INFORMATION SUPPLIED ▸
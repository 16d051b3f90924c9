-- ===== src/Rates/Setting.antt =====
-- `setSampleRate` and `setBandwidth` write once or not at all.
use mathlib.Core.Path.{subst}
use soapy_sidekiq.Base.{
  ℕ, ◌≤◌, ◌≡◌, ◌==◌, refl, ap, ◌∙◌, not, ◌||◌, runtime_error, if◌then◌else◌, sym, min, ◌⊎◌, inl,
  inr, Bool, true, false, Bool-cases, arith, Option, none, some, Outcome, ok, throw, ◌>>=◌, ◌>>◌,
}
use soapy_sidekiq.Base.Conversion.{checked_unsigned, IsChecked, checked_unsigned-IsChecked}
use soapy_sidekiq.Base.Double.{Double, IsDouble, at_least_pow}
use soapy_sidekiq.Base.Int.{ℤ, pos, eqb_ℤ, ◌≤ℤ◌, ◌<ℤ◌}
use soapy_sidekiq.RxSession.{Session}
use soapy_sidekiq.RxSession.Lifecycle.{owns_hardware_or_worker}
use soapy_sidekiq.Rates.{
  RateReading, checked_reading, RateSdk, RateAndBandwidth, channel_handle, read_rate_and_bandwidth,
  read_back, applied, apply_rate_and_bandwidth, apply_rate, at_least_one, while_inactive,
  set_sample_rate,
}
use soapy_sidekiq.StreamRequest.{StreamDirection}
use soapy_sidekiq.Streams.{Constants, Device, validate_channel, configure_while_rx_inactive}
use soapy_sidekiq.Streams.Ownership.{owns_rx}

abbrev pub is_ok {ℓ} : {A : Type ℓ} → Outcome A → Bool
is_ok (ok a) = true
is_ok (throw e) = false

-- A finite double from 1 below 2 ^ 32, by its exponent.
abbrev pub IsRate : Double → Type 0
IsRate Double.not_finite = ⊥
IsRate Double.zero = ⊥
IsRate (Double.finite negative mantissa exponent) =
    (negative ≡ false) × (pos 0 <ℤ exponent) × (exponent ≤ℤ pos 32)

at_least_pow-IsRate : (x : Double) → at_least_pow x 0 ≡ true → at_least_pow x 32 ≡ false → IsRate x
unfolding at_least_pow
at_least_pow-IsRate Double.not_finite h k = cc h
at_least_pow-IsRate Double.zero h k = cc h
at_least_pow-IsRate (Double.finite true mantissa exponent) h k = cc h
at_least_pow-IsRate (Double.finite false mantissa exponent) h k = (refl, ground arith, ground arith)

module _ {H : Type 0} (k : Constants) (sdk : RateSdk H) (d : Device) (code : ℤ) (channel : ℕ)
    (hardware : H) where
  abbrev read : H → Outcome RateAndBandwidth
  read = read_rate_and_bandwidth k sdk d code channel

  -- A reading that can be used: read without an error, a rate from 1 below 2 ^ 32, and a bandwidth.
  pub record IsUsable (r : RateReading) : Type 0 where
    pub works : r.status ≡ pos 0
    pub configured : 1 ≤ r.configured_rate
    pub in_range : IsRate r.actual_rate
    pub has_bandwidth : 1 ≤ r.actual_bandwidth

  checked_reading-IsUsable :
      (r : RateReading) (x : RateAndBandwidth)
      → checked_reading r ≡ ok x
      → IsUsable r × (x.actual_bandwidth ≡ r.actual_bandwidth)
  unfolding checked_reading
  checked_reading-IsUsable r x e =
      by_status (eqb_ℤ r.status (pos 0))
        (r.configured_rate == 0
          || not (at_least_pow r.actual_rate 0)
          || at_least_pow r.actual_rate 32)
        (r.actual_bandwidth == 0) refl refl refl e
    where
      reading : RateAndBandwidth
      reading = record {
        configured_rate = r.configured_rate;
        actual_rate = r.actual_rate;
        actual_bandwidth = r.actual_bandwidth;
      }

      bandwidth_of : ok reading ≡ ok x → x.actual_bandwidth ≡ reading.actual_bandwidth
      bandwidth_of g = cc g

      by_status :
          (s v w : Bool)
          → eqb_ℤ r.status (pos 0) ≡ s
          → (r.configured_rate == 0
              || not (at_least_pow r.actual_rate 0)
              || at_least_pow r.actual_rate 32)
            ≡ v
          → (r.actual_bandwidth == 0) ≡ w
          → (if not s
              then throw runtime_error
              else if v
              then throw runtime_error
              else if w
              then throw runtime_error
              else ok reading)
            ≡ ok x
          → IsUsable r × (x.actual_bandwidth ≡ r.actual_bandwidth)
      by_status false v w p q z g = cc g
      by_status true true w p q z g = cc g
      by_status true false true p q z g = cc g
      by_status true false false p q z g = (
        record {
          works = ground (arith, p);
          configured = ground (arith, q);
          in_range = at_least_pow-IsRate r.actual_rate (ground (arith, q)) (ground (arith, q));
          has_bandwidth = ground (arith, z);
        },
        bandwidth_of g,
      )

  read-IsUsable :
      (h : H) (place : StreamDirection × ℕ) (x : RateAndBandwidth)
      → channel_handle k sdk d code channel ≡ ok place
      → read h ≡ ok x
      → IsUsable (sdk.read_rate h place.0 place.1)
        × (x.actual_bandwidth ≡ (sdk.read_rate h place.0 place.1).actual_bandwidth)
  unfolding read_rate_and_bandwidth
  read-IsUsable h place x p e = checked_reading-IsUsable (sdk.read_rate h place.0 place.1) x (
      ap (λ o. o >>= (λ (q : StreamDirection × ℕ). checked_reading (sdk.read_rate h q.0 q.1)))
        (sym p)
      ∙ e)

  is_ok-cases :
      (o : Outcome RateAndBandwidth) → is_ok o ≡ true → (x : RateAndBandwidth) × (o ≡ ok x)
  is_ok-cases (ok x) h = (x, refl)
  is_ok-cases (throw e) h = cc h

  -- The hardware is as it was, and the call threw.
  pub record Untouched (r : Outcome (Unit {0}) × H) : Type 0 where
    pub same : r.1 ≡ hardware
    pub thrown : is_ok r.0 ≡ false

  -- One write of this rate and bandwidth, to the handle of the channel; success needs a valid reading after it.
  pub record WroteOnce (rate bandwidth : ℕ) (r : Outcome (Unit {0}) × H) : Type 0 where
    pub place : StreamDirection × ℕ
    pub placed : channel_handle k sdk d code channel ≡ ok place
    pub written : r.1 ≡ (sdk.write_rate hardware place.0 place.1 rate bandwidth).1
    pub accepted :
        is_ok r.0 ≡ true
        → (eqb_ℤ (sdk.write_rate hardware place.0 place.1 rate bandwidth).0 (pos 0) ≡ true)
          × IsUsable (sdk.read_rate r.1 place.0 place.1)

  abbrev done : Outcome (Unit {0})
  done = ok tt

  ok_of_bind : {A : Type 0} (m : Outcome A) → is_ok (m >>= (λ a. done)) ≡ true → is_ok m ≡ true
  ok_of_bind (ok a) h = refl
  ok_of_bind (throw e) h = h

  read_back-WroteOnce :
      (rate bandwidth : ℕ) (place : StreamDirection × ℕ)
      → channel_handle k sdk d code channel ≡ ok place
      → WroteOnce rate bandwidth
          (read_back k sdk d code channel (sdk.write_rate hardware place.0 place.1 rate bandwidth))
  read_back-WroteOnce rate bandwidth place p = elim (Bool-cases (eqb_ℤ written.0 (pos 0))) [
    | inl works ↦ simp works (record {
      place = place;
      placed = p;
      written = refl;
      accepted =
          λ h. (works, usable (is_ok-cases (read written.1) (ok_of_bind (read written.1) h)));
    })
    | inr fails ↦
        simp fails (record { place = place; placed = p; written = refl; accepted = λ h. cc h })
  ]
    where
      written : ℤ × H
      written = sdk.write_rate hardware place.0 place.1 rate bandwidth

      usable :
          (x : RateAndBandwidth) × (read written.1 ≡ ok x)
          → IsUsable (sdk.read_rate written.1 place.0 place.1)
      usable (x, e) = (read-IsUsable written.1 place x p e).0

  apply_rate_and_bandwidth-cases :
      (rate bandwidth : ℕ)
      → Untouched (apply_rate_and_bandwidth k sdk d code channel rate bandwidth hardware)
        ⊎ WroteOnce rate bandwidth
            (apply_rate_and_bandwidth k sdk d code channel rate bandwidth hardware)
  unfolding apply_rate_and_bandwidth
  apply_rate_and_bandwidth-cases rate bandwidth =
      by_place (channel_handle k sdk d code channel) refl
    where
      by_place :
          (o : Outcome (StreamDirection × ℕ))
          → channel_handle k sdk d code channel ≡ o
          → Untouched (applied k sdk d code channel rate bandwidth hardware o)
            ⊎ WroteOnce rate bandwidth (applied k sdk d code channel rate bandwidth hardware o)
      by_place (throw e) p = inl (record { same = refl; thrown = refl })
      by_place (ok place) p = inr (read_back-WroteOnce rate bandwidth place p)

  -- A result that is kept when RX is inactive.
  while_rx_inactive-cases :
      (r : Outcome (Unit {0}) × H) (session : Option Session)
      → Untouched (configure_while_rx_inactive session r hardware)
        ⊎ ((owns_rx session ≡ false) × (configure_while_rx_inactive session r hardware ≡ r))
  unfolding configure_while_rx_inactive
  while_rx_inactive-cases r none = inr (refl, refl)
  while_rx_inactive-cases r (some s) = elim (Bool-cases (owns_hardware_or_worker s)) [
    | inl busy ↦ simp busy (inl (record { same = refl; thrown = refl }))
    | inr idle ↦ simp idle (inr (refl, refl))
  ]

  -- What a set of the rate does when it does anything.
  pub record SetsRate (rate : Double) (r : Outcome (Unit {0}) × H) : Type 0 where
    pub requested : ℕ
    -- The integral part of the rate, which fits 32 bits.
    pub wanted : IsChecked 32 rate (ok requested)
    pub positive : 1 ≤ requested
    pub idle : owns_rx d.session ≡ false
    -- The bandwidth that was read before.
    pub bandwidth : ℕ
    pub once : WroteOnce requested (min bandwidth requested) r
    pub read_before : IsUsable (sdk.read_rate hardware once.place.0 once.place.1)
    pub was : bandwidth ≡ (sdk.read_rate hardware once.place.0 once.place.1).actual_bandwidth

  apply_rate-cases :
      (requested : ℕ) (o : Outcome RateAndBandwidth)
      → read hardware ≡ o
      → Untouched (apply_rate k sdk d code channel requested hardware o)
        ⊎ ((previous : RateAndBandwidth) × (read hardware ≡ ok previous)
            × WroteOnce requested
                (min previous.actual_bandwidth requested)
                (apply_rate k sdk d code channel requested hardware o))
  apply_rate-cases requested (throw e) h = inl (record { same = refl; thrown = refl })
  apply_rate-cases requested (ok previous) h =
      elim (apply_rate_and_bandwidth-cases requested (min previous.actual_bandwidth requested)) [
        | inl u ↦ inl u
        | inr w ↦ inr (previous, h, w)
      ]

  wanted_rate :
      (v : Outcome (Unit {0})) (c : Outcome ℕ) (n : ℕ)
      → (v >> (c >>= at_least_one)) ≡ ok n
      → (c ≡ ok n) × (1 ≤ n)
  unfolding at_least_one
  wanted_rate (throw e) c n h = cc h
  wanted_rate (ok u) (throw e) n h = cc h
  wanted_rate (ok u) (ok m) n h = elim (Bool-cases (m == 0)) [
    | inl z ↦ cc (simp z at h)
    | inr p ↦ (simp p at h, positive (simp p at h) p)
  ]
    where
      positive : ok m ≡ ok n → (m == 0) ≡ false → 1 ≤ n
      positive e p = ground (arith, e)

  -- `setSampleRate` either throws and leaves the hardware as it was, or it writes once: then the rate is the
  -- integral part of the one asked for, at least 1, RX is not active, the bandwidth is the smaller of the
  -- actual one that was read before and the new rate, and the call returns only if the write succeeded and the
  -- card then reads, without an error, a configured rate other than 0, an actual rate from 1 below 2 ^ 32 and a
  -- bandwidth other than 0, as it had before. (The rate asked for is a double in normal form.)
  pub set_sample_rate_once :
      (rate : Double)
      → IsDouble rate
      → Untouched (set_sample_rate k sdk d code channel rate hardware)
        ⊎ SetsRate rate (set_sample_rate k sdk d code channel rate hardware)
  unfolding set_sample_rate
  set_sample_rate_once rate normal = by_request _ refl
    where
      by_request :
          (o : Outcome ℕ)
          → (validate_channel k d code channel >> (checked_unsigned 32 rate >>= at_least_one)) ≡ o
          → Untouched
              (while_inactive k sdk d code channel (apply_rate k sdk d code channel) hardware o)
            ⊎ SetsRate rate
                (while_inactive k sdk d code channel (apply_rate k sdk d code channel) hardware o)
      by_request (throw e) h = inl (record { same = refl; thrown = refl })
      by_request (ok n) h =
          elim (while_rx_inactive-cases (apply_rate k sdk d code channel n hardware (read hardware))
            d.session) [
              | inl u ↦ inl u
              | inr (idle, e) ↦ elim (apply_rate-cases n (read hardware) refl) [
                | inl u ↦ inl (subst Untouched (sym e) u)
                | inr (previous, was, w) ↦ inr (record {
                  requested = n;
                  wanted =
                      subst (IsChecked 32 rate) (wanted_rate _ (checked_unsigned 32 rate) n h).0
                        (checked_unsigned-IsChecked 32 rate normal);
                  positive = (wanted_rate _ (checked_unsigned 32 rate) n h).1;
                  idle = idle;
                  bandwidth = previous.actual_bandwidth;
                  once = subst (WroteOnce n (min previous.actual_bandwidth n)) (sym e) w;
                  read_before = (read-IsUsable hardware w.place previous w.placed was).0;
                  was = (read-IsUsable hardware w.place previous w.placed was).1;
                })
              ]
            ]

THE PROBLEM ▸
Within the entries above, find every line where the string "abbrev" occurs, and copy it.

WRITTEN RESPONSE ▸
abbrev pub is_ok {ℓ} : {A : Type ℓ} → Outcome A → Bool
abbrev pub IsRate : Double → Type 0
  abbrev read : H → Outcome RateAndBandwidth
  abbrev done : Outcome (Unit {0})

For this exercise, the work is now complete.